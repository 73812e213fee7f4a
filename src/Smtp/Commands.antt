-- ===== src/Smtp/Commands.antt =====
-- The command handlers of server/src/smtp.c.
pub mod Invariant
pub mod Protocol
pub mod Transaction
pub mod Total
use iu7_pvs_cp.Base.{
  ℕ, zero, Bool, true, false, ◌||◌, not, List, [], ◌∷◌, ◌++◌, Option, none, some, Bytes, codes,
  if◌then◌else◌, str_eq, ltb,
}
use iu7_pvs_cp.StringUtils.{strtrim, strstartswith}
use iu7_pvs_cp.Smtp.Regex.{match_mail_from, match_rcpt_to, match_word}
use iu7_pvs_cp.Smtp.Session.{
  SmtpState, initial, established, mail_rcpt, mail_data, Envelope, Session, ring_add, snprintf,
  buffer_reset, smtp_session_reset, smtp_free_session,
}

-- What a handler leaves: the session, the reply buffer, and whether it returns -1.
pub record Outcome : Type 0 where
  pub session : Session
  pub reply : Bytes
  pub closing : Bool

abbrev answer : Session → ℕ → Bytes → Outcome
answer session len text = record { session = session; reply = snprintf len text; closing = false }

unfoldable pub smtp_ehlo : Session → ℕ → Outcome
unfolding smtp_session_reset
smtp_ehlo session len = answer (smtp_session_reset session established) len (codes "250\r\n")

abbrev pub is_state : SmtpState → SmtpState → Bool
is_state initial initial = true
is_state established established = true
is_state mail_rcpt mail_rcpt = true
is_state mail_data mail_data = true
is_state _ _ = false

-- `alloc` says whether `malloc` succeeds. The result of a failure is handed to `memset` before it
-- is tested: `none`.
mail_matched : Bytes → Bool → Session → ℕ → Option Outcome
mail_matched address alloc session len =
    if not (is_state session.state established)
    then some (answer session len (codes "503\r\n"))
    else if alloc
    then some (
        answer
          (record session {
            state = mail_rcpt;
            envelope = record session.envelope { sender = some address };
          })
          len (codes "250 OK\r\n"))
    else none

unfoldable pub smtp_mail : Bytes → Bool → Session → ℕ → Option Outcome
unfolding mail_matched
smtp_mail command alloc session len = elim (match_mail_from command) [
  | none ↦ some (answer session len (codes "500\r\n"))
  | some address ↦ mail_matched address alloc session len
]

rcpt_matched : Bytes → Bool → Session → ℕ → Option Outcome
rcpt_matched address alloc session len =
    if not (is_state session.state mail_rcpt)
    then some (answer session len (codes "503\r\n"))
    else if alloc
    then some (
        answer
          (record session {
            envelope = record session.envelope {
              recipients = ring_add session.envelope.recipients address;
            };
          })
          len (codes "250\r\n"))
    else none

unfoldable pub smtp_rcpt : Bytes → Bool → Session → ℕ → Option Outcome
unfolding rcpt_matched
smtp_rcpt command alloc session len = elim (match_rcpt_to command) [
  | none ↦ some (answer session len (codes "500\r\n"))
  | some address ↦ rcpt_matched address alloc session len
]

unfoldable pub smtp_data : Bytes → Session → ℕ → Outcome
smtp_data command session len =
    if not (match_word (codes "DATA") command)
    then answer session len (codes "500\r\n")
    else if not (is_state session.state mail_rcpt)
    then answer session len (codes "503\r\n")
    else answer (record session { state = mail_data }) len (codes "354\r\n")

-- `return 0;` stands before the loops, so none of them runs.
unfoldable pub envelope_save : Envelope → ℕ
envelope_save envelope = 0

-- A text line leaves the reply buffer as it is.
unfoldable pub smtp_read_data : Bytes → Bool → Session → Bytes → ℕ → Outcome
unfolding envelope_save smtp_session_reset
smtp_read_data command alloc session reply len =
    if str_eq (codes ".") command
    then answer (smtp_session_reset session established) len
        (if ltb 0 (envelope_save session.envelope) then codes "500\r\n" else codes "250 OK\r\n")
    else if alloc
    then record {
      session = record session {
        envelope = record session.envelope { lines = ring_add session.envelope.lines command };
      };
      reply = reply;
      closing = false;
    }
    else answer session len (codes "500\r\n")

unfoldable pub smtp_reset : Bytes → Session → ℕ → Outcome
unfolding smtp_session_reset
smtp_reset command session len =
    if not (match_word (codes "RSET") command)
    then answer session len (codes "500\r\n")
    else answer
        (smtp_session_reset session
          (if is_state session.state initial then initial else established))
        len (codes "250 OK\r\n")

-- -1 in both branches.
unfoldable pub smtp_quit : Bytes → Session → ℕ → Outcome
unfolding smtp_free_session
smtp_quit command session len =
    if not (match_word (codes "QUIT") command)
    then record { session = session; reply = snprintf len (codes "500\r\n"); closing = true }
    else record {
      session = smtp_free_session session;
      reply = snprintf len (codes "221 OK\r\n");
      closing = true;
    }

abbrev pub has_prefix : Bytes → Bytes → Bool
has_prefix command word = strstartswith command word true

-- The chain of tests on a trimmed command, outside MAIL_DATA.
unfoldable pub dispatch : Bytes → Bool → Session → ℕ → Option Outcome
unfolding smtp_ehlo smtp_mail smtp_rcpt smtp_data smtp_reset smtp_quit
dispatch command alloc session len =
    if has_prefix command (codes "EHLO") || has_prefix command (codes "HELO")
    then some (smtp_ehlo session len)
    else if has_prefix command (codes "MAIL")
    then smtp_mail command alloc session len
    else if has_prefix command (codes "RCPT")
    then smtp_rcpt command alloc session len
    else if has_prefix command (codes "DATA")
    then some (smtp_data command session len)
    else if has_prefix command (codes "RSET")
    then some (smtp_reset command session len)
    else if has_prefix command (codes "QUIT")
    then some (smtp_quit command session len)
    else if has_prefix command (codes "VRFY") || has_prefix command (codes "VERIFY")
    then some (answer session len (codes "502 Not implemented\r\n"))
    else some (answer session len (codes "500 Unknown command\r\n"))

unfoldable pub smtp_process_command : Bytes → Bool → Session → Bytes → ℕ → Option Outcome
unfolding buffer_reset smtp_read_data dispatch
smtp_process_command command alloc session reply len =
    let s = buffer_reset session in
    if is_state s.state mail_data
    then some (smtp_read_data command alloc s reply len)
    else dispatch (strtrim command) alloc s len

- **Exercise requirements**: The full listing should be output exactly, line for line.

- **Result below**:
repository 73812e213fee7f4a
filename src/Smtp/Commands.antt
-- ===== src/Smtp/Commands.antt =====
-- The command handlers of server/src/smtp.c.
pub mod Invariant
pub mod Protocol
pub mod Transaction
pub mod Total
use iu7_pvs_cp.Base.{
  ℕ, zero, Bool, true, false, ◌||◌, not, List, [], ◌∷◌, ◌++◌, Option, none, some, Bytes, codes,
  if◌then◌else◌, str_eq, ltb,
}
use iu7_pvs_cp.StringUtils.{strtrim, strstartswith}
use iu7_pvs_cp.Smtp.Regex.{match_mail_from, match_rcpt_to, match_word}
use iu7_pvs_cp.Smtp.Session.{
  SmtpState, initial, established, mail_rcpt, mail_data, Envelope, Session, ring_add, snprintf,
  buffer_reset, smtp_session_reset, smtp_free_session,
}

-- What a handler leaves: the session, the reply buffer, and whether it returns -1.
pub record Outcome : Type 0 where
  pub session : Session
  pub reply : Bytes
  pub closing : Bool

abbrev answer : Session → ℕ → Bytes → Outcome
answer session len text = record { session = session; reply = snprintf len text; closing = false }

unfoldable pub smtp_ehlo : Session → ℕ → Outcome
unfolding smtp_session_reset
smtp_ehlo session len = answer (smtp_session_reset session established) len (codes "250\r\n")

abbrev pub is_state : SmtpState → SmtpState → Bool
is_state initial initial = true
is_state established established = true
is_state mail_rcpt mail_rcpt = true
is_state mail_data mail_data = true
is_state _ _ = false

-- `alloc` says whether `malloc` succeeds. The result of a failure is handed to `memset` before it
-- is tested: `none`.
mail_matched : Bytes → Bool → Session → ℕ → Option Outcome
mail_matched address alloc session len =
    if not (is_state session.state established)
    then some (answer session len (codes "503\r\n"))
    else if alloc
    then some (
        answer
          (record session {
            state = mail_rcpt;
            envelope = record session.envelope { sender = some address };
          })
          len (codes "250 OK\r\n"))
    else none

unfoldable pub smtp_mail : Bytes → Bool → Session → ℕ → Option Outcome
unfolding mail_matched
smtp_mail command alloc session len = elim (match_mail_from command) [
  | none ↦ some (answer session len (codes "500\r\n"))
  | some address ↦ mail_matched address alloc session len
]

rcpt_matched : Bytes → Bool → Session → ℕ → Option Outcome
rcpt_matched address alloc session len =
    if not (is_state session.state mail_rcpt)
    then some (answer session len (codes "503\r\n"))
    else if alloc
    then some (
        answer
          (record session {
            envelope = record session.envelope {
              recipients = ring_add session.envelope.recipients address;
            };
          })
          len (codes "250\r\n"))
    else none

unfoldable pub smtp_rcpt : Bytes → Bool → Session → ℕ → Option Outcome
unfolding rcpt_matched
smtp_rcpt command alloc session len = elim (match_rcpt_to command) [
  | none ↦ some (answer session len (codes "500\r\n"))
  | some address ↦ rcpt_matched address alloc session len
]

unfoldable pub smtp_data : Bytes → Session → ℕ → Outcome
smtp_data command session len =
    if not (match_word (codes "DATA") command)
    then answer session len (codes "500\r\n")
    else if not (is_state session.state mail_rcpt)
    then answer session len (codes "503\r\n")
    else answer (record session { state = mail_data }) len (codes "354\r\n")

-- `return 0;` stands before the loops, so none of them runs.
unfoldable pub envelope_save : Envelope → ℕ
envelope_save envelope = 0

-- A text line leaves the reply buffer as it is.
unfoldable pub smtp_read_data : Bytes → Bool → Session → Bytes → ℕ → Outcome
unfolding envelope_save smtp_session_reset
smtp_read_data command alloc session reply len =
    if str_eq (codes ".") command
    then answer (smtp_session_reset session established) len
        (if ltb 0 (envelope_save session.envelope) then codes "500\r\n" else codes "250 OK\r\n")
    else if alloc
    then record {
      session = record session {
        envelope = record session.envelope { lines = ring_add session.envelope.lines command };
      };
      reply = reply;
      closing = false;
    }
    else answer session len (codes "500\r\n")

unfoldable pub smtp_reset : Bytes → Session → ℕ → Outcome
unfolding smtp_session_reset
smtp_reset command session len =
    if not (match_word (codes "RSET") command)
    then answer session len (codes "500\r\n")
    else answer
        (smtp_session_reset session
          (if is_state session.state initial then initial else established))
        len (codes "250 OK\r\n")

-- -1 in both branches.
unfoldable pub smtp_quit : Bytes → Session → ℕ → Outcome
unfolding smtp_free_session
smtp_quit command session len =
    if not (match_word (codes "QUIT") command)
    then record { session = session; reply = snprintf len (codes "500\r\n"); closing = true }
    else record {
      session = smtp_free_session session;
      reply = snprintf len (codes "221 OK\r\n");
      closing = true;
    }

abbrev pub has_prefix : Bytes → Bytes → Bool
has_prefix command word = strstartswith command word true

-- The chain of tests on a trimmed command, outside MAIL_DATA.
unfoldable pub dispatch : Bytes → Bool → Session → ℕ → Option Outcome
unfolding smtp_ehlo smtp_mail smtp_rcpt smtp_data smtp_reset smtp_quit
dispatch command alloc session len =
    if has_prefix command (codes "EHLO") || has_prefix command (codes "HELO")
    then some (smtp_ehlo session len)
    else if has_prefix command (codes "MAIL")
    then smtp_mail command alloc session len
    else if has_prefix command (codes "RCPT")
    then smtp_rcpt command alloc session len
    else if has_prefix command (codes "DATA")
    then some (smtp_data command session len)
    else if has_prefix command (codes "RSET")
    then some (smtp_reset command session len)
    else if has_prefix command (codes "QUIT")
    then some (smtp_quit command session len)
    else if has_prefix command (codes "VRFY") || has_prefix command (codes "VERIFY")
    then some (answer session len (codes "502 Not implemented\r\n"))
    else some (answer session len (codes "500 Unknown command\r\n"))

unfoldable pub smtp_process_command : Bytes → Bool → Session → Bytes → ℕ → Option Outcome
unfolding buffer_reset smtp_read_data dispatch
smtp_process_command command alloc session reply len =
    let s = buffer_reset session in
    if is_state s.state mail_data
    then some (smtp_read_data command alloc s reply len)
    else dispatch (strtrim command) alloc s len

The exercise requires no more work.